● Source data
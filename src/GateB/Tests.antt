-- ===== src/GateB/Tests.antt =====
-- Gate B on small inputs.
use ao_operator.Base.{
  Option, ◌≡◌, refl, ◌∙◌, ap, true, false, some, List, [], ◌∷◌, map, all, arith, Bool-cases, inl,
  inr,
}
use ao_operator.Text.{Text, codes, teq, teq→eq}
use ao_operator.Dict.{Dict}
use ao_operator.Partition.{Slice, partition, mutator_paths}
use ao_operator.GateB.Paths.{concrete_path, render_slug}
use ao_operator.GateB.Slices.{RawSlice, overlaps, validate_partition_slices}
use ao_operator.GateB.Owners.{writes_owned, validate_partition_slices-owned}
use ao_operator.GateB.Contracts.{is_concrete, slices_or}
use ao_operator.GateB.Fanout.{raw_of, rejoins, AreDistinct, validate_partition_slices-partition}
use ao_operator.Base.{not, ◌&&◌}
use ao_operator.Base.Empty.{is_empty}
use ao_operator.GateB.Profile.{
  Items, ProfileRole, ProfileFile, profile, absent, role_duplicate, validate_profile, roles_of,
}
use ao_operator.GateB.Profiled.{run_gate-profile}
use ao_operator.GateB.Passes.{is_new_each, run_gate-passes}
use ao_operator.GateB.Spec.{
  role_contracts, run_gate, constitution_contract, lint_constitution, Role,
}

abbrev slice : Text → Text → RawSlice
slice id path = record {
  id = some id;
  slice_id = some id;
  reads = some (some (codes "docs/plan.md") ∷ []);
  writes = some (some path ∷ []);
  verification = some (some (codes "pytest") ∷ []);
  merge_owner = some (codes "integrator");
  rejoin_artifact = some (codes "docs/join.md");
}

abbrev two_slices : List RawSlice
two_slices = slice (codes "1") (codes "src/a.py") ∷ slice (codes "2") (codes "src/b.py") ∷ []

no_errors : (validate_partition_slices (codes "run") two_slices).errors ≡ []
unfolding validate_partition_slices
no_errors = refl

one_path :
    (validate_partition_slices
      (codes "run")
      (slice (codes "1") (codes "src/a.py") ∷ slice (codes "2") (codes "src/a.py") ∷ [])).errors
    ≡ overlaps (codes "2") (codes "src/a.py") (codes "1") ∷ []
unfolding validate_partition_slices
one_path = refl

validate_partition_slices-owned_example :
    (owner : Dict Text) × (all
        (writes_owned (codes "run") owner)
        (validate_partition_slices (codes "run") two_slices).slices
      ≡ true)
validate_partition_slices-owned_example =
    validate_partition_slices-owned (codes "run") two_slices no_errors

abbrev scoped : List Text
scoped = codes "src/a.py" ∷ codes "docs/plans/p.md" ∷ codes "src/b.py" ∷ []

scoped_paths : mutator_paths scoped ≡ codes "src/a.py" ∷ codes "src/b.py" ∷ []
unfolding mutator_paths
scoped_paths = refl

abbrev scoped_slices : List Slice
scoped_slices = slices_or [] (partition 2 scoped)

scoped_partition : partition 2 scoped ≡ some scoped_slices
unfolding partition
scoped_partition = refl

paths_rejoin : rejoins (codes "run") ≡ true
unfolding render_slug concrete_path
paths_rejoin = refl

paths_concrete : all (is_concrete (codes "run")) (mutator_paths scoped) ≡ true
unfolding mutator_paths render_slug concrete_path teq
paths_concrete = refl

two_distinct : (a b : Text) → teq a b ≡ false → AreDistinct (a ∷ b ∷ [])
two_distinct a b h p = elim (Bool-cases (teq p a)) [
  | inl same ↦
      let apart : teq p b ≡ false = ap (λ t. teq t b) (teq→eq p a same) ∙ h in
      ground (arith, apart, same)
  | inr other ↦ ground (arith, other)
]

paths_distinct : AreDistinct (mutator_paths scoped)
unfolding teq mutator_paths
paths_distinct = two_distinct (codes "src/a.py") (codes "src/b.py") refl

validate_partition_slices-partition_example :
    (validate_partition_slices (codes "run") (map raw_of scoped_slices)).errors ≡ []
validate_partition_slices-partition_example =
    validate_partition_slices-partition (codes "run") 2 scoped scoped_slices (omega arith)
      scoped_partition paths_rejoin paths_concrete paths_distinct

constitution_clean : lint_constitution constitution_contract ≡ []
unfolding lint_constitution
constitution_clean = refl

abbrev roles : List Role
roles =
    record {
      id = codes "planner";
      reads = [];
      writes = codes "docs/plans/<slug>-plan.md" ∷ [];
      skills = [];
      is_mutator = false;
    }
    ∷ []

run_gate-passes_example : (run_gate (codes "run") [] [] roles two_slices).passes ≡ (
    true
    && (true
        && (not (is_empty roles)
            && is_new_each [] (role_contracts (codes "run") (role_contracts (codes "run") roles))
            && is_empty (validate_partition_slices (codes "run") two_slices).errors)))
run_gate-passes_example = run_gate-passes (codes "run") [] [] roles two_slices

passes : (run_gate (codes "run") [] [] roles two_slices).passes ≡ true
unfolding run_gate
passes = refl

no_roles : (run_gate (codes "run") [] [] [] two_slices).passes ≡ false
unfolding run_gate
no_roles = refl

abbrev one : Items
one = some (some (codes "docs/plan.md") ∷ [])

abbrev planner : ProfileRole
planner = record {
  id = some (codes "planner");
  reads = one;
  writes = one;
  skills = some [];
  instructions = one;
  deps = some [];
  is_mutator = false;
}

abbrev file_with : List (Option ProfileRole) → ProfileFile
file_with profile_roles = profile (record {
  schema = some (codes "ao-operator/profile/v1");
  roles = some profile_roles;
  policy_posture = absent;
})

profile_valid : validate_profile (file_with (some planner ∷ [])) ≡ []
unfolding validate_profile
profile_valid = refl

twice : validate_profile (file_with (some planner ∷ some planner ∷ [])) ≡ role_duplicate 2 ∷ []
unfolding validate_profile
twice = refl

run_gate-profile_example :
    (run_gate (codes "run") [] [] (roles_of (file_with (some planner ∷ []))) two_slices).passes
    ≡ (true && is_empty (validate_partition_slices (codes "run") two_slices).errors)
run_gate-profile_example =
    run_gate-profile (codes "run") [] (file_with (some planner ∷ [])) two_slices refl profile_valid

...

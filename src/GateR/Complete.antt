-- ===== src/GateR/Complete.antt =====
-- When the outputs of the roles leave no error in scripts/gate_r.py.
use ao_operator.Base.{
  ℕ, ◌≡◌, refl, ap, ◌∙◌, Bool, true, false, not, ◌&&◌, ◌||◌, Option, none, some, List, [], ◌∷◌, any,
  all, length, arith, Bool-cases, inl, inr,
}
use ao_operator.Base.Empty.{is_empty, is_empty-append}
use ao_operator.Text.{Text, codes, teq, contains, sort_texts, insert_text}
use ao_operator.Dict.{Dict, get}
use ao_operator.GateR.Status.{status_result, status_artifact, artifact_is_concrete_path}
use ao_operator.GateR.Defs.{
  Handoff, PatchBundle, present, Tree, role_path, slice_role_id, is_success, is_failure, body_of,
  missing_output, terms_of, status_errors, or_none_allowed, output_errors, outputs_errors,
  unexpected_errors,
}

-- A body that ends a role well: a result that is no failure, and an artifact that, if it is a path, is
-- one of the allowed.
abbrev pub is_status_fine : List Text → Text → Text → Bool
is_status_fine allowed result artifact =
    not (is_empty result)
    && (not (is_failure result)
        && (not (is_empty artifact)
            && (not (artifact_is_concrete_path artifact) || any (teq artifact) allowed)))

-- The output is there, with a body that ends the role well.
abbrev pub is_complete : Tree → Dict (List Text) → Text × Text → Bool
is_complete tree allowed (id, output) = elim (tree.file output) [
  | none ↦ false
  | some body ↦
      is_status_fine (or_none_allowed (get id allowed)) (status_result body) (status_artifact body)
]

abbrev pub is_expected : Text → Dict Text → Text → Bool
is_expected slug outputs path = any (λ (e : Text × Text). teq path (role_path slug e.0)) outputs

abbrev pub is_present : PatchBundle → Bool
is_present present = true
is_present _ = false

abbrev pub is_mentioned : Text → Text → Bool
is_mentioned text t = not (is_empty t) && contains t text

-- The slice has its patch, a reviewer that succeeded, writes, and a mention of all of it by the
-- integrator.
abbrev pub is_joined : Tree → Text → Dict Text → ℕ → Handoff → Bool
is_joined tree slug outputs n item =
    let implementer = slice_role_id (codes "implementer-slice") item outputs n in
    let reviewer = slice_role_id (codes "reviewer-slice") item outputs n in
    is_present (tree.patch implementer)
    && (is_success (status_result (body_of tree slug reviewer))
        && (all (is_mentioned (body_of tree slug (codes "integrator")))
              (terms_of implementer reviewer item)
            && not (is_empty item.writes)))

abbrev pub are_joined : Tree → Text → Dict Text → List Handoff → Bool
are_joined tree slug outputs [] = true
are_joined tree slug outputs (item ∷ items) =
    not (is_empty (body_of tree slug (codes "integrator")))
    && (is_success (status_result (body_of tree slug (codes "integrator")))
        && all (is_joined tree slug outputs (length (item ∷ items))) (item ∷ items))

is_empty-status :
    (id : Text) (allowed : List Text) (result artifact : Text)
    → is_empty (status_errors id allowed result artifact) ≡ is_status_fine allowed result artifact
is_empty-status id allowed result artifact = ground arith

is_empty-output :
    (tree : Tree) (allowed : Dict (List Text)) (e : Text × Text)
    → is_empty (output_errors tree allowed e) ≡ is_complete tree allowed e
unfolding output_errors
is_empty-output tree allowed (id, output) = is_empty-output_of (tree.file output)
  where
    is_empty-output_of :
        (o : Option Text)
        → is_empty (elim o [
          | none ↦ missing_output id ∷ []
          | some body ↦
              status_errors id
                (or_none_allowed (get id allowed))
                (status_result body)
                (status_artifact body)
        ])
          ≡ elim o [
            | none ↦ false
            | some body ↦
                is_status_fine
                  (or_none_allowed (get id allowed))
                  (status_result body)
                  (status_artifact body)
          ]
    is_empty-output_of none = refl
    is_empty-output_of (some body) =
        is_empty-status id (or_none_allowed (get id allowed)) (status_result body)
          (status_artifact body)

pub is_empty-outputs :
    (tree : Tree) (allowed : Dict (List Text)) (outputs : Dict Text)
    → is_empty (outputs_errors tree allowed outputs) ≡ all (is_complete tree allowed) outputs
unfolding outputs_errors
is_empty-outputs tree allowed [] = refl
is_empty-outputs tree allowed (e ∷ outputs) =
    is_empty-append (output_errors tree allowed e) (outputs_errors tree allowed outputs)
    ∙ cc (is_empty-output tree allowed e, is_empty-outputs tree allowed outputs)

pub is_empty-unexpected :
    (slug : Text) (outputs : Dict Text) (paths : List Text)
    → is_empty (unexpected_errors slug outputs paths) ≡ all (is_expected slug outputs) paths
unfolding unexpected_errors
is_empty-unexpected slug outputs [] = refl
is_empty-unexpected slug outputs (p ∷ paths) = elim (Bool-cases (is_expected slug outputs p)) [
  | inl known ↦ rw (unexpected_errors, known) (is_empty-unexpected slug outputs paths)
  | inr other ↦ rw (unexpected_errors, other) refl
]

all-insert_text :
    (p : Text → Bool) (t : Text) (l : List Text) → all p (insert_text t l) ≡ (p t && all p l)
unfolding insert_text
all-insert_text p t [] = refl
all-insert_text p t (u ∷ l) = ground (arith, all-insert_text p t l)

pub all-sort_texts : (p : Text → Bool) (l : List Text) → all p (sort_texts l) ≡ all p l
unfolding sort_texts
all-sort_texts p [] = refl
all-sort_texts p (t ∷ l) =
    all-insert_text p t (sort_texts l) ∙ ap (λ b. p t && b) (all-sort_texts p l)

● Work to be completed
Read the listing above, then copy every line that includes the string "planner".

● Response box
      id = codes "planner";
abbrev planner : ProfileRole
planner = record {
  id = some (codes "planner");
profile_valid : validate_profile (file_with (some planner ∷ [])) ≡ []
twice : validate_profile (file_with (some planner ∷ some planner ∷ [])) ≡ role_duplicate 2 ∷ []
    (run_gate (codes "run") [] [] (roles_of (file_with (some planner ∷ []))) two_slices).passes
    run_gate-profile (codes "run") [] (file_with (some planner ∷ [])) two_slices refl profile_valid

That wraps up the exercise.